23 Actually “this letter from his mother to his father” is only a “remnant … back in the drawer,” apparently unintentionally left there by Armand’s father.

Notes to Chapter 4

1 All the narratives by Mansfield analyzed in the second part of this book are from Collected Stories of Katherine Mansfield (London: Constable, 1945). All subsequent references are to this edition, and only page numbers are given parenthetically in the text.

2 Beauvoir’s The Second Sex was a pioneering feminist attempt, and it formed the basis for numerous later feminist discussions about “One is not born but rather becomes a woman” (see, for instance, Moi 2001).

3 The “revelations” seem to be both secular and religious. The title of the story “Revelations” echoes the title of the last book of the Bible and reminds one of the divine revelations of God. In the body of the narrative, just before George breaks the truth of his daughter’s death, Monica “saw herself looking at him in the white kimono like a nun” (195). In real life, Mansfield did not conform to Christianity, but just a few months before the publication of “Revelations,” Mansfield put down the following words in her journal: “I don’t want a God to praise or to entreat, but to share my vision with” (Murry 1954: 192; see also Alpers 1982: 312; Arvidson 1996: 211–12). Perhaps Mansfield was trying to borrow force from religion to make the revelations more powerful.

4 Henrik Ibsen, A Doll House, translated by Rolf Fjelde, in The Bedford Introduction to Drama, edited by Lee A. Jacobus, 2nd ed. (Boston: Bedford Books of St. Martin’s Press, 1993), p. 593. All subsequent references are to this edition and are cited parenthetically in the text.

5 It should have become clear that Mansfield’s “Revelations,” “Prelude,” and “The Singing Lesson” (see the next chapter), which polarize gender relations and which are based on the belief in the woman’s initial “real self” prior to patriarchal distortion, are more susceptible to a feminist than a postfeminist reading (for a discussion of the difference between feminism and postfeminism, see Looser and Kaplan 1997). However, it should be stressed that Mansfield’s conception of a woman’s “false self,” as discussed above, points to gender performativity “produced and compelled by the regulatory” cultural norms of the Western hegemonic society.

Notes to Chapter 6

1 Bateson and Shahevitch (1962) point out that the episodes combine similitude with dissimilitude in a kind of extended metaphor, and they offer a detailed analysis of the parallelism among the three episodes.

2 This is a case of what I designate “context-determined irony”: Words that mean what they say or actions that are non-ironic become ironic in a given context (see Shen 2009).

3 If such details receive critical attention, they tend to be misread when assimilated to the theme of the plot development.

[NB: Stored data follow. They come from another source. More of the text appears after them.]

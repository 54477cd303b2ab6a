-- ===== src/Monitoring/Polling.antt =====
-- src/invoice_hub/monitoring/polling_observer.py: one watch, polled again and again.
use invoice_hub.Prelude.Sorting.{sorted}
use invoice_hub.Prelude.Dict.{Dict, contains, lookup}
use invoice_hub.Prelude.{
  Bool, List, Option, String, [], false, if◌then◌else◌, none, some, true, ℕ, ◌&&◌, ◌++◌, ◌==◌, ◌∷◌,
}

-- `(st_mtime_ns, st_size, st_ino)` of each file
abbrev pub Snapshot : Type 0
Snapshot = Dict (ℕ × ℕ × ℕ)

abbrev pub stat_eq : ℕ × ℕ × ℕ → ℕ × ℕ × ℕ → Bool
stat_eq a b = a.0 == b.0 && (a.1 == b.1 && a.2 == b.2)

-- `a == b` on what a look-up gives
abbrev pub stat_same : Option (ℕ × ℕ × ℕ) → Option (ℕ × ℕ × ℕ) → Bool
stat_same none none = true
stat_same none (some b) = false
stat_same (some a) none = false
stat_same (some a) (some b) = stat_eq a b

-- `previous.keys() & current.keys()` with another value, and the paths of `previous` only
unfoldable pub gone_or_changed : Snapshot → Snapshot → List String
gone_or_changed [] current = []
gone_or_changed ((path, stat) ∷ previous) current =
    let rest = gone_or_changed previous current in
    if stat_same (some stat) (lookup path current) then rest else path ∷ rest

-- The paths of `current` only
unfoldable pub appeared : Snapshot → Snapshot → List String
appeared previous [] = []
appeared previous ((path, _) ∷ current) =
    let rest = appeared previous current in if contains path previous then rest else path ∷ rest

-- The paths that a poll reports, in their order.
unfoldable pub changed_paths : Snapshot → Snapshot → List String
changed_paths previous current =
    sorted (gone_or_changed previous current ++ appeared previous current)

-- The loop of `_run` over the snapshots that are taken: what each poll reports, and the snapshot
-- that is kept. An error of the handler changes neither.
unfoldable pub polls : Snapshot → List Snapshot → List (List String) × Snapshot
polls previous [] = ([], previous)
polls previous (current ∷ later) =
    let rest = polls current later in (changed_paths previous current ∷ rest.0, rest.1)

For instance, Robert Wooster Stallman, who takes Woodifield to be a fly in the plot development, says: “his wife keeps him ‘boxed up in the house [like a fly] every day of the week except Tuesday.’ On Tuesday he is brushed off (like a fly) ‘and allowed to cut back to the City for the day’” (1945, original brackets). This interpretation of the textual details involved seems to be ill-grounded (do we ever “brush off” a fly?).